In a letter written to Roger C Weightman in 1826, at the 50th anniversary of the American founding, Thomas Jefferson asserted the universality and revolutionary character of the American founding: “May it be to the world, what I believe it will be, (to some parts sooner, to others later, but finally to all,) the signal of arousing men to burst the chains under which monkish ignorance and superstition had persuaded them to bind themselves, and to assume the blessings and security of self-government.”

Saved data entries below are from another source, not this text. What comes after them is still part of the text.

-- ===== src/FlatFs/Files/Paths.antt =====
-- What a written and a removed file leave at the paths (Go's `os`, for datastore/flatfs/flatfs.go).
use juren_cluster.Prelude.{
  ℕ, suc, ◌≡◌, ◌≢◌, ◌<◌, refl, sym, ap, ◌∙◌, arith, Bool, true, false, List, [], ◌∷◌, Bytes,
  bytes_eq_iff, length, ◌==◌, if◌then◌else◌, ◌↔◌, inl, inr, Bool-cases,
}
use juren_cluster.Outcome.{Result, Error, ok, err, panic, stuck, not_found}
use juren_cluster.FlatFs.Files.{
  FilePath, Entry, dir, file, Fs, path_eq, entry_at, without, stat, below, set_entry,
  permission_denied, write_over, write_file, read_file, content_of, removed_at, remove, children,
  is_not_exist,
}

is_not_exist_eq : (e : Error) → is_not_exist e ≡ true → e ≡ not_found
is_not_exist_eq not_found h = refl
is_not_exist_eq e h = absurd (cc h)

path_eq_iff : (p q : FilePath) → (path_eq p q ≡ true) ↔ (p ≡ q)
unfolding path_eq
path_eq_iff [] [] = (λ _. refl, λ _. refl)
path_eq_iff [] (n ∷ q) = (λ h. cc, λ h. cc)
path_eq_iff (m ∷ p) [] = (λ h. cc, λ h. cc)
path_eq_iff (m ∷ p) (n ∷ q) = (
  λ h. ground (arith, path_eq_iff p q, bytes_eq_iff m n),
  λ h. ground (arith, path_eq_iff p q, bytes_eq_iff m n),
)

entry_at-without :
    (p q : FilePath) (es : List (FilePath × Entry))
    → entry_at q (without p es) ≡ (if path_eq p q then err not_found else entry_at q es)
unfolding entry_at without
entry_at-without p q [] = ground arith
entry_at-without p q ((r, e) ∷ es) =
    ground (arith, path_eq_iff p q, path_eq_iff p r, path_eq_iff r q, entry_at-without p q es)

shorter_ne : (p q : FilePath) → length q < length p → path_eq p q ≡ false
shorter_ne p q h = elim (Bool-cases (path_eq p q)) [
  | inl same ↦ absurd (omega (arith, h, ap (λ (r : FilePath). length r) ((path_eq_iff p q).0 same)))
  | inr other ↦ other
]

below-agrees :
    (fs fs' : Fs) (p : FilePath) (r : Result Entry)
    → fs'.denied p ≡ fs.denied p
    → entry_at p fs'.entries ≡ entry_at p fs.entries
    → below fs' p r ≡ below fs p r
unfolding below
below-agrees fs fs' p (ok dir) d e = rw (d, e)
below-agrees fs fs' p (ok (file x)) d e = refl
below-agrees fs fs' p (err x) d e = refl
below-agrees fs fs' p (panic x) d e = refl
below-agrees fs fs' p stuck d e = refl

-- Two trees that agree on the entries at short paths agree on what is at them.
stat-agrees :
    (fs fs' : Fs) (n : ℕ)
    → fs'.denied ≡ fs.denied
    → ((q : FilePath) → length q < n → entry_at q fs'.entries ≡ entry_at q fs.entries)
    → (q : FilePath) → length q < n
    → stat fs' q ≡ stat fs q
unfolding stat
stat-agrees fs fs' n denied agree [] h = refl
stat-agrees fs fs' n denied agree (name ∷ parent) h =
    rw (stat-agrees fs fs' n denied agree parent (omega (arith, h))) (
      below-agrees fs fs' (name ∷ parent) (stat fs parent)
        (ap (λ (d : FilePath → Bool). d (name ∷ parent)) denied) (agree (name ∷ parent) h))

module _ (fs : Fs) (name : Bytes) (parent : FilePath) where
  stat-set_above : (e : Entry) → stat (set_entry fs (name ∷ parent) e) parent ≡ stat fs parent
  stat-set_above e =
      stat-agrees fs (set_entry fs (name ∷ parent) e) (suc (length parent)) refl
        (λ q h.
          unfold entry_at in
          rw (
            shorter_ne (name ∷ parent) q h,
            entry_at-without (name ∷ parent) q fs.entries,
            shorter_ne (name ∷ parent) q h,
          ))
        parent (omega arith)

  pub stat-set :
      (e : Entry)
      → stat fs parent ≡ ok dir
      → fs.denied (name ∷ parent) ≡ false
      → stat (set_entry fs (name ∷ parent) e) (name ∷ parent) ≡ ok e
  unfolding stat below
  stat-set e above allowed =
      rw (stat-set_above e, above, allowed)
        (unfold entry_at in rw ((path_eq_iff (name ∷ parent) (name ∷ parent)).1 refl))

  pub stat-without :
      stat fs parent ≡ ok dir
      → fs.denied (name ∷ parent) ≡ false
      → stat (record fs { entries = without (name ∷ parent) fs.entries }) (name ∷ parent)
        ≡ err not_found
  unfolding stat below
  stat-without above allowed = rw (
    stat-agrees fs (record fs { entries = without (name ∷ parent) fs.entries })
        (suc (length parent)) refl
        (λ q h. rw (entry_at-without (name ∷ parent) q fs.entries, shorter_ne (name ∷ parent) q h))
        parent (omega arith),
    above,
    allowed,
    entry_at-without (name ∷ parent) (name ∷ parent) fs.entries,
    (path_eq_iff (name ∷ parent) (name ∷ parent)).1 refl,
  )

  -- A path that the system lets one look at.
  there_allowed :
      (r : Result Entry)
      → stat fs parent ≡ ok dir
      → stat fs (name ∷ parent) ≡ r
      → (r ≢ err permission_denied)
      → fs.denied (name ∷ parent) ≡ false
  unfolding stat below
  there_allowed r above there fine = elim (Bool-cases (fs.denied (name ∷ parent))) [
    | inl refused ↦ absurd (fine (sym there ∙ rw (above, refused)))
    | inr allowed ↦ allowed
  ]

  write_over_ok :
      (content : Bytes) (above there : Result Entry)
      → stat fs parent ≡ above
      → stat fs (name ∷ parent) ≡ there
      → (write_over fs (name ∷ parent) content above there).1 ≡ ok tt
      → stat (write_over fs (name ∷ parent) content above there).0 (name ∷ parent)
        ≡ ok (file content)
  unfolding write_over
  write_over_ok content (ok dir) (ok (file d)) a t done =
      stat-set (file content) a (there_allowed (ok (file d)) a t (λ e. cc e))
  write_over_ok content (ok dir) (err not_found) a t done =
      stat-set (file content) a (there_allowed (err not_found) a t (λ e. cc e))
  write_over_ok content above there a t done = absurd (cc done)

  -- A file that was written is there, with what was written.
  pub stat-write_file :
      (content : Bytes)
      → (write_file fs (name ∷ parent) content).1 ≡ ok tt
      → stat (write_file fs (name ∷ parent) content).0 (name ∷ parent) ≡ ok (file content)
  unfolding write_file
  stat-write_file content done = write_over_ok content _ _ refl refl done

  -- What is found somewhere stands in a directory.
  above_there : (e : Entry) → stat fs (name ∷ parent) ≡ ok e → stat fs parent ≡ ok dir
  unfolding stat
  above_there e there = above_cases (stat fs parent) there
    where
      above_cases : (r : Result Entry) → below fs (name ∷ parent) r ≡ ok e → r ≡ ok dir
      above_cases (ok dir) h = refl
      above_cases r h = absurd (unfold below in cc h)

  removed_at_ok :
      (there : Result Entry)
      → stat fs (name ∷ parent) ≡ there
      → (removed_at fs (name ∷ parent) there).1 ≡ ok tt
      → stat (removed_at fs (name ∷ parent) there).0 (name ∷ parent) ≡ err not_found
  unfolding removed_at
  removed_at_ok (ok (file d)) t done =
      let above = above_there (file d) t in
      stat-without above (there_allowed (ok (file d)) above t (λ e. cc e))
  removed_at_ok (ok dir) t done =
      elim (Bool-cases (length (children (name ∷ parent) fs.entries) == 0)) [
        | inl empty ↦
            let above = above_there dir t in
            rw empty (stat-without above (there_allowed (ok dir) above t (λ e. cc e)))
        | inr some_child ↦ absurd (let done' = rw some_child at done in cc done')
      ]
  removed_at_ok there t done = absurd (cc done)

  -- What was removed is not there.
  pub stat-remove :
      (remove fs (name ∷ parent)).1 ≡ ok tt
      → stat (remove fs (name ∷ parent)).0 (name ∷ parent) ≡ err not_found
  unfolding remove
  stat-remove done = removed_at_ok _ refl done

  removed_at_err :
      (there : Result Entry) (e : Error)
      → (removed_at fs (name ∷ parent) there).1 ≡ err e
      → e ≡ not_found
      → (there ≡ err not_found) × ((removed_at fs (name ∷ parent) there).0 ≡ fs)
  unfolding removed_at
  removed_at_err (err x) e failed missing = (cc (failed, missing), refl)
  removed_at_err (ok dir) e failed missing =
      elim (Bool-cases (length (children (name ∷ parent) fs.entries) == 0)) [
        | inl empty ↦ absurd (let failed' = rw empty at failed in cc failed')
        | inr some_child ↦ absurd (let failed' = rw some_child at failed in cc (failed', missing))
      ]
  removed_at_err there e failed missing = absurd (cc failed)

  -- A removal that finds nothing changes nothing.
  pub stat-remove_missing :
      (e : Error)
      → (remove fs (name ∷ parent)).1 ≡ err e
      → is_not_exist e ≡ true
      → stat (remove fs (name ∷ parent)).0 (name ∷ parent) ≡ err not_found
  unfolding remove
  stat-remove_missing e failed missing =
      let (there, same) = removed_at_err _ e failed (is_not_exist_eq e missing) in
      ap (λ (f : Fs). stat f (name ∷ parent)) same ∙ there

pub read_file_ok :
    (fs : Fs) (p : FilePath) (d : Bytes) → stat fs p ≡ ok (file d) → read_file fs p ≡ ok d
unfolding read_file content_of
read_file_ok fs p d there = rw there
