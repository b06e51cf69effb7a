-- ===== src/FlatFs/Laws.antt =====
-- The block store of datastore/flatfs/flatfs.go as a map from identifiers.
use juren_cluster.Prelude.{◌≡◌, refl, true, false, some, ◌∷◌, Bytes, length, inl, inr, Bool-cases}
use juren_cluster.Outcome.{Result, Error, ok, err, panic, stuck, ◌>>=◌, not_found}
use juren_cluster.Oid.{Oid}
use juren_cluster.DataModel.{Block}
use juren_cluster.FlatFs.Files.{file, Fs, stat, write_file, remove, is_not_exist}
use juren_cluster.FlatFs.Files.Paths.{
  stat-write_file, stat-remove, stat-remove_missing, read_file_ok,
}
use juren_cluster.FlatFs.{
  FlatFs, BlockPath, first_four, oid_to_path, ensure_dir, get, has, is_there, put, put_at,
  write_block, delete, delete_at, removed,
}

module _ (f : FlatFs) where
  -- A block that is there: `Get` gives it, and `Has` says so.
  pub record IsKept (fs : Fs) (b : Block) : Type 0 where
    pub got :
        get fs f b.oid ≡ ok (record { oid = b.oid; length = length b.payload; payload = b.payload })
    pub had : has fs f b.oid ≡ ok true

  stat-IsKept :
      (fs : Fs) (b : Block) (path : BlockPath)
      → oid_to_path f b.oid ≡ ok path
      → stat fs path.file_path ≡ ok (file b.payload)
      → IsKept fs b
  unfolding get has is_there
  stat-IsKept fs b path where_to there = record {
    got = rw (where_to, read_file_ok fs path.file_path b.payload there);
    had = rw (where_to, there);
  }

  -- The file of a block lies in its directory.
  file_path_lem :
      (o : Oid) (path : BlockPath)
      → oid_to_path f o ≡ ok path
      → path.file_path ≡ o.s ∷ path.dir_path
  unfolding oid_to_path
  file_path_lem o path e = shape (first_four o.s) e
    where
      shape :
          (r : Result Bytes)
          → (r >>= λ prefix.
              ok (record {
                dir_path = prefix ∷ f.base_path;
                file_path = o.s ∷ prefix ∷ f.base_path;
              }))
            ≡ ok path
          → path.file_path ≡ o.s ∷ path.dir_path
      shape (ok prefix) h = cc h
      shape r h = absurd (cc h)

  written_file :
      (fs : Fs) (b : Block) (path : BlockPath)
      → path.file_path ≡ b.oid.s ∷ path.dir_path
      → (write_file fs path.file_path b.payload).1 ≡ ok tt
      → stat (write_file fs path.file_path b.payload).0 path.file_path ≡ ok (file b.payload)
  written_file fs b path shape done =
      rw shape (stat-write_file fs b.oid.s path.dir_path b.payload (rw shape at done))

  write_block-IsKept :
      (b : Block) (path : BlockPath) (w : Fs × Result (Unit {0})) (o : Oid)
      → oid_to_path f b.oid ≡ ok path
      → (write_block b path w).1 ≡ ok o
      → IsKept (write_block b path w).0 b
  unfolding write_block
  write_block-IsKept b path (fs, ok u) o where_to done =
      stat-IsKept _ b path where_to
        (written_file fs b path (file_path_lem b.oid path where_to) (succeeded _ done))
    where
      succeeded : (r : Result (Unit {0})) → (r >>= λ _. ok b.oid) ≡ ok o → r ≡ ok tt
      succeeded (ok tt) h = refl
      succeeded (err e) h = absurd (cc h)
      succeeded (panic p) h = absurd (cc h)
      succeeded stuck h = absurd (cc h)
  write_block-IsKept b path (fs, err e) o where_to done = absurd (cc done)
  write_block-IsKept b path (fs, panic e) o where_to done = absurd (cc done)
  write_block-IsKept b path (fs, stuck) o where_to done = absurd (cc done)

  put_at-IsKept :
      (fs : Fs) (b : Block) (r : Result BlockPath) (o : Oid)
      → oid_to_path f b.oid ≡ r
      → (put_at fs b r).1 ≡ ok o
      → IsKept (put_at fs b r).0 b
  unfolding put_at
  put_at-IsKept fs b (ok path) o e done =
      write_block-IsKept b path (ensure_dir fs path.dir_path) o e done
  put_at-IsKept fs b r o e done = absurd (cc done)

  -- After a `Put` of a block that succeeds, in whatever state of the file system, `Get` of its
  -- identifier gives its identifier, its data and their length, and `Has` says that it is there.
  pub put-IsKept :
      (fs : Fs) (b : Block) (o : Oid)
      → (put fs f (some b)).1 ≡ ok o
      → IsKept (put fs f (some b)).0 b
  unfolding put
  put-IsKept fs b o done = put_at-IsKept fs b _ o refl done

  removed_file :
      (o : Oid) (path : BlockPath) (w : Fs × Result (Unit {0}))
      → (w.1 ≡ ok tt → stat w.0 path.file_path ≡ err not_found)
      → ((e : Error)
          → w.1 ≡ err e
          → is_not_exist e ≡ true
          → stat w.0 path.file_path ≡ err not_found)
      → (removed w).1 ≡ ok tt
      → stat (removed w).0 path.file_path ≡ err not_found
  unfolding removed
  removed_file o path (fs, ok tt) gone missing done = gone refl
  removed_file o path (fs, err e) gone missing done = elim (Bool-cases (is_not_exist e)) [
    | inl not_there ↦ missing e refl not_there
    | inr other ↦ absurd (let done' = rw other at done in cc done')
  ]
  removed_file o path (fs, panic p) gone missing done = absurd (cc done)
  removed_file o path (fs, stuck) gone missing done = absurd (cc done)

  gone_at :
      (fs : Fs) (o : Oid) (path : BlockPath)
      → path.file_path ≡ o.s ∷ path.dir_path
      → (removed (remove fs path.file_path)).1 ≡ ok tt
      → stat (removed (remove fs path.file_path)).0 path.file_path ≡ err not_found
  gone_at fs o path shape done =
      removed_file o path (remove fs path.file_path)
        (λ good. rw shape (stat-remove fs o.s path.dir_path (rw shape at good)))
        (λ e failed missing.
          rw shape (stat-remove_missing fs o.s path.dir_path e (rw shape at failed) missing))
        done

  delete_at-has :
      (fs : Fs) (o : Oid) (r : Result BlockPath)
      → oid_to_path f o ≡ r
      → (delete_at fs r).1 ≡ ok tt
      → has (delete_at fs r).0 f o ≡ ok false
  unfolding delete_at has is_there
  delete_at-has fs o (ok path) e done = rw (e, gone_at fs o path (file_path_lem o path e) done)
  delete_at-has fs o r e done = absurd (cc done)

  -- After a `Delete` that succeeds, in whatever state of the file system and whether the block
  -- was there or not, `Has` says that it is not there.
  pub has-delete :
      (fs : Fs) (o : Oid) → (delete fs f o).1 ≡ ok tt → has (delete fs f o).0 f o ≡ ok false
  unfolding delete
  has-delete fs o done = delete_at-has fs o _ refl done
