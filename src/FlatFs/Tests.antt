-- ===== src/FlatFs/Tests.antt =====
-- The block store of datastore/flatfs/flatfs.go on one block.
use juren_cluster.Prelude.{◌≡◌, refl, false, some, [], ◌∷◌, bytes_eq}
use juren_cluster.Outcome.{ok}
use juren_cluster.Oid.{Oid}
use juren_cluster.DataModel.{Block}
use juren_cluster.FlatFs.Files.{
  Fs, path_eq, entry_at, without, below, stat, make_dir, mkdir_all, write_over, write_file,
  removed_at, remove,
}
use juren_cluster.FlatFs.{
  FlatFs, oid_to_path, first_four, made_dir, ensure_dir, has, put, put_at, write_block, delete,
  delete_at, removed,
}
use juren_cluster.FlatFs.Laws.{IsKept, put-IsKept, has-delete}

abbrev store : FlatFs
store = record { base_path = [] }

abbrev empty_fs : Fs
empty_fs = record { entries = []; denied = λ p. false }

abbrev some_oid : Oid
some_oid = record { b = []; t = 8; s = 98 ∷ 97 ∷ 98 ∷ 97 ∷ 99 ∷ [] }

abbrev some_block : Block
some_block = record { oid = some_oid; length = 2; payload = 1 ∷ 2 ∷ [] }

succeeds : (put empty_fs store (some some_block)).1 ≡ ok some_oid
unfolding put put_at write_block oid_to_path first_four ensure_dir made_dir stat below entry_at
    mkdir_all make_dir write_file write_over path_eq without bytes_eq
succeeds = refl

put-IsKept_example : IsKept store (put empty_fs store (some some_block)).0 some_block
put-IsKept_example = put-IsKept store empty_fs some_block some_oid succeeds

deleted : (delete (put empty_fs store (some some_block)).0 store some_oid).1 ≡ ok tt
unfolding put put_at write_block oid_to_path first_four ensure_dir made_dir stat below entry_at
    mkdir_all make_dir write_file write_over path_eq without bytes_eq delete delete_at removed
    remove removed_at
deleted = refl

has-delete_example :
    has (delete (put empty_fs store (some some_block)).0 store some_oid).0 store some_oid ≡ ok false
has-delete_example = has-delete store (put empty_fs store (some some_block)).0 some_oid deleted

In 1945, Ho Chi Minh’s Declaration of Independence of the Democratic Republic of Vietnam in Hanoi opened with the 1776 American Declaration of Independence. This invocation, doubtless, served rhetorical purposes. But it has been invoked by dozens of states, sometimes as an assertion of sovereignty and independence rather than individual freedom. It may not seem that way in an age of rising authoritarianism, but the conflict between arbitrary power and individual dignity, between imperialism and self-government, between the quest for self-definition and defined hierarchies has indeed become universal. The irony is that, at this moment, these conflicts have escaped their modern origin story in America, as it itself becomes an exemplar of what it sought to deny: Imperialism and authoritarianism. The Declaration will always remain universal and revolutionary. America may not.